(INFORMATION)

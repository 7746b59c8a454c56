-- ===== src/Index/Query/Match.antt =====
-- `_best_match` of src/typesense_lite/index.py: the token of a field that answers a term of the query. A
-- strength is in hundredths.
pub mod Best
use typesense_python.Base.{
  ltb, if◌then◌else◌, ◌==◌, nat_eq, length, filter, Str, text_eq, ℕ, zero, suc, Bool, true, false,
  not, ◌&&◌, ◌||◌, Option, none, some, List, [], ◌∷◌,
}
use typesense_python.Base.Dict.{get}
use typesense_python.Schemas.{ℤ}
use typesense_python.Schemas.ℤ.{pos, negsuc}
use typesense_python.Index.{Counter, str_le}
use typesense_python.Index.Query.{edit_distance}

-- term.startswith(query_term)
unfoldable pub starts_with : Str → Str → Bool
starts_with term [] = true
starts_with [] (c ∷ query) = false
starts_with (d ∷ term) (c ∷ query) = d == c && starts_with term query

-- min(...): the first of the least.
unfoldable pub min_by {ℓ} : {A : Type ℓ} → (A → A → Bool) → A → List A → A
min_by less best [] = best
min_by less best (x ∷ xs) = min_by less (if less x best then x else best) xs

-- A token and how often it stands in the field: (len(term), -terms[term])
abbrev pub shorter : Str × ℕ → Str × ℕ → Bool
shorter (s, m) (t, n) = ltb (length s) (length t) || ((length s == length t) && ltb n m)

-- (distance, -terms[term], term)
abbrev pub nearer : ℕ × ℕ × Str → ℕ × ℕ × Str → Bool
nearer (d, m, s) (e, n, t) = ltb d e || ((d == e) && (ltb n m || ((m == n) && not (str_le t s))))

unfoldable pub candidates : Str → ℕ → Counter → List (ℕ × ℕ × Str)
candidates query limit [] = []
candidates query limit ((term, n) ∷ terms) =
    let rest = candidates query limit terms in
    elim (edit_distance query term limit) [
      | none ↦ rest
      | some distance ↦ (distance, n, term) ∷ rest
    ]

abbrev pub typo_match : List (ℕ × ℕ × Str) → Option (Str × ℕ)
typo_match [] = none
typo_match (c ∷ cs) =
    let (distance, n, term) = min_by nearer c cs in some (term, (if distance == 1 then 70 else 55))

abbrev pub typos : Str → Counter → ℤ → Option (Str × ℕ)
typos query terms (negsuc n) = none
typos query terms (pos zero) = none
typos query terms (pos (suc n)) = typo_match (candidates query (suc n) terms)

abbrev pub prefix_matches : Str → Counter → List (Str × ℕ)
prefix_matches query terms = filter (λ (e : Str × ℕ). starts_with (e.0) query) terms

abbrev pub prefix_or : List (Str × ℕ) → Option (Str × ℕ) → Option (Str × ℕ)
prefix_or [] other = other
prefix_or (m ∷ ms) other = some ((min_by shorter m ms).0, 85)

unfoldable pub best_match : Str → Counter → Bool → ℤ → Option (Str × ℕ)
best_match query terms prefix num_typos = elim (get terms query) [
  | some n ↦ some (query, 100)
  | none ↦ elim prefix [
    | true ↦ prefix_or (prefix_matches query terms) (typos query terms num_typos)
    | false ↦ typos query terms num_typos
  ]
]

(End INFORMATION)
(INFORMATION)

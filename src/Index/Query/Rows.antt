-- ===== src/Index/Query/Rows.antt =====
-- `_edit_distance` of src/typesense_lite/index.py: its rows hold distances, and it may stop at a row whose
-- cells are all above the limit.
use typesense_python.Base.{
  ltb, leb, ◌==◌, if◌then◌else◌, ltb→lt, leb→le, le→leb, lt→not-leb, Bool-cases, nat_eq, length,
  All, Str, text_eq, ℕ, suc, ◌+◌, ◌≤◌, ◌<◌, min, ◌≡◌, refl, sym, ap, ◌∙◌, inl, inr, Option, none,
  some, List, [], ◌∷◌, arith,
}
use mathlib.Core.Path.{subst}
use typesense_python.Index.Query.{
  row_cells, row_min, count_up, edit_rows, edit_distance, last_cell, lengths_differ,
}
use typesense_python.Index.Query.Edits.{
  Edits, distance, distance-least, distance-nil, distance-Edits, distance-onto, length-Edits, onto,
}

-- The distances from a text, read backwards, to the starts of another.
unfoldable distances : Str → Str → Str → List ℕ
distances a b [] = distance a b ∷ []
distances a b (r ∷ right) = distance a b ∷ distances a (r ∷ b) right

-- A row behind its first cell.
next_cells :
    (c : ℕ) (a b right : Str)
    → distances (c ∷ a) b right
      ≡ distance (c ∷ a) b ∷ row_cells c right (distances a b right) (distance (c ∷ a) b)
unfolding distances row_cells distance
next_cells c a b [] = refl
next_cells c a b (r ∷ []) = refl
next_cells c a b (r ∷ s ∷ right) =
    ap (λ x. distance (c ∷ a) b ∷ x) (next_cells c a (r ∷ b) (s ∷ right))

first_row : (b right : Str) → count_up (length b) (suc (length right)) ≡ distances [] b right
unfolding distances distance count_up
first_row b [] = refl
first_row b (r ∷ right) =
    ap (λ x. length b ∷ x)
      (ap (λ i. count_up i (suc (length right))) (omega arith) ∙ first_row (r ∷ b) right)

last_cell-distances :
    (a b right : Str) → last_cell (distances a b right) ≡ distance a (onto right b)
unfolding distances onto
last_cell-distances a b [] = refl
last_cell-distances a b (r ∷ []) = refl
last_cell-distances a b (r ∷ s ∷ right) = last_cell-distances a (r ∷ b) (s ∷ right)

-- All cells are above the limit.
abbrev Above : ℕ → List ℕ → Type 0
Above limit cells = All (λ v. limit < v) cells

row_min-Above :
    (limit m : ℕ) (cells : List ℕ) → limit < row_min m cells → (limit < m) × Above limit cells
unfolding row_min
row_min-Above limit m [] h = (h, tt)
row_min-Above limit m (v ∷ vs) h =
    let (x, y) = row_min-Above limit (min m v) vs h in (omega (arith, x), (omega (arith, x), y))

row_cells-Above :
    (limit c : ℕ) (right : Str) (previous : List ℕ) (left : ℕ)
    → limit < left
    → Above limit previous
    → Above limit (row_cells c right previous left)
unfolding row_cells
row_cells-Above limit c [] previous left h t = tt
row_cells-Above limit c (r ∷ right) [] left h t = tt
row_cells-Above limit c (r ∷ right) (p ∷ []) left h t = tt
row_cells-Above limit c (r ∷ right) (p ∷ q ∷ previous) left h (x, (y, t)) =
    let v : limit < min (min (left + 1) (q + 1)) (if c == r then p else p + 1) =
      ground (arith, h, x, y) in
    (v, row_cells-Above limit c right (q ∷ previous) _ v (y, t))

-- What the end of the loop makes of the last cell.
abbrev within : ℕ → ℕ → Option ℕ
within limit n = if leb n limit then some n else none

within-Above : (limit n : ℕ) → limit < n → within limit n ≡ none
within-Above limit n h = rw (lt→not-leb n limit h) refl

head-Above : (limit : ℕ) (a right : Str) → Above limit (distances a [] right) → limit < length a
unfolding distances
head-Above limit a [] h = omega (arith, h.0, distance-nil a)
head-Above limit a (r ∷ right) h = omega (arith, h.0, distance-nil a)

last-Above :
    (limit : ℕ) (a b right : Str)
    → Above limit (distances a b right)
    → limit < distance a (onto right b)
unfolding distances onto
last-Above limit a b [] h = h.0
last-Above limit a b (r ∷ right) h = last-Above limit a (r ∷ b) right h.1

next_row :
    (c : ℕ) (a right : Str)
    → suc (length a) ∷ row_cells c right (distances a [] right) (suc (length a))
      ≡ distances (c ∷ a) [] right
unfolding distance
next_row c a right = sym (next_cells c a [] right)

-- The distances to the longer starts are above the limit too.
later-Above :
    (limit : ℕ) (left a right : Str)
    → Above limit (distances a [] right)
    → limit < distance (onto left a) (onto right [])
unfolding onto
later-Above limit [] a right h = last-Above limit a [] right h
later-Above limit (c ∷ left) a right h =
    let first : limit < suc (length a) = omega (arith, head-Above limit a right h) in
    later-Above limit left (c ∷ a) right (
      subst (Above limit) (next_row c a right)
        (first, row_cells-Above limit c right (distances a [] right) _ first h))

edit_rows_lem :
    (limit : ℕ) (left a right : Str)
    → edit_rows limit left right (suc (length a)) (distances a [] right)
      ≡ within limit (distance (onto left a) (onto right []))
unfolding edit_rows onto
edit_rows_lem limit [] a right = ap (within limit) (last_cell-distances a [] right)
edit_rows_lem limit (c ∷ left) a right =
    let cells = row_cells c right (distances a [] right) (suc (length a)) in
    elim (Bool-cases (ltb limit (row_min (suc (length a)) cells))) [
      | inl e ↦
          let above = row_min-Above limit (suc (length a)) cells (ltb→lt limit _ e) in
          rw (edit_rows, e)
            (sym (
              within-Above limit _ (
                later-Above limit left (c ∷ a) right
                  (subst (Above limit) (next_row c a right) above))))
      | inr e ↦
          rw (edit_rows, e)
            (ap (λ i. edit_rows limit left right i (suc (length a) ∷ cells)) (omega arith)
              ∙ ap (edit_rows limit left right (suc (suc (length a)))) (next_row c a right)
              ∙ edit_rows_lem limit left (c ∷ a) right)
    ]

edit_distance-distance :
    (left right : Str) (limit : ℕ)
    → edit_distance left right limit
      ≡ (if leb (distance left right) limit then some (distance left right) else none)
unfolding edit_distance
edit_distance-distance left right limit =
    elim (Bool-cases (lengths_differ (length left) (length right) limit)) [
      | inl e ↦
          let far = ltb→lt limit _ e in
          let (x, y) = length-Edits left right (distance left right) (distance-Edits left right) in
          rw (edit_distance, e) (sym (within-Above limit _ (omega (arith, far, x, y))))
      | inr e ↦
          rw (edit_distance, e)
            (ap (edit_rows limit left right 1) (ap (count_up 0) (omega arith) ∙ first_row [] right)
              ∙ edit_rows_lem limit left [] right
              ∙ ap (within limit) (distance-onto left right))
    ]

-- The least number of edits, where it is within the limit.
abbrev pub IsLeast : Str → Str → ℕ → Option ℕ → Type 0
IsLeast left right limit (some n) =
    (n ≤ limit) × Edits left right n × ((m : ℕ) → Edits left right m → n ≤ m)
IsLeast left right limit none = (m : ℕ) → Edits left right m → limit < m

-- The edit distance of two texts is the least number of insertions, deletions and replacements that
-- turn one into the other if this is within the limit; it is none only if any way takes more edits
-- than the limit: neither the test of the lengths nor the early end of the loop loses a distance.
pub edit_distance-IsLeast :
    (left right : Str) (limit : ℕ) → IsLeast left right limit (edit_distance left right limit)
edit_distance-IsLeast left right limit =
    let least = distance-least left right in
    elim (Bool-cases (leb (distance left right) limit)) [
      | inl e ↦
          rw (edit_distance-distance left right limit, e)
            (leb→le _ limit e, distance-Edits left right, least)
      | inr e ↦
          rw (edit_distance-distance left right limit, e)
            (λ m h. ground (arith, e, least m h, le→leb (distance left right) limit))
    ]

(End INFORMATION)

■ **TRY IT**: Lines of the data above that include the string "nearer" must each be copied.

■ **RESPONSE TO THIS TASK**:
abbrev pub nearer : ℕ × ℕ × Str → ℕ × ℕ × Str → Bool
nearer (d, m, s) (e, n, t) = ltb d e || ((d == e) && (ltb n m || ((m == n) && not (str_le t s))))
    let (distance, n, term) = min_by nearer c cs in some (term, (if distance == 1 then 70 else 55))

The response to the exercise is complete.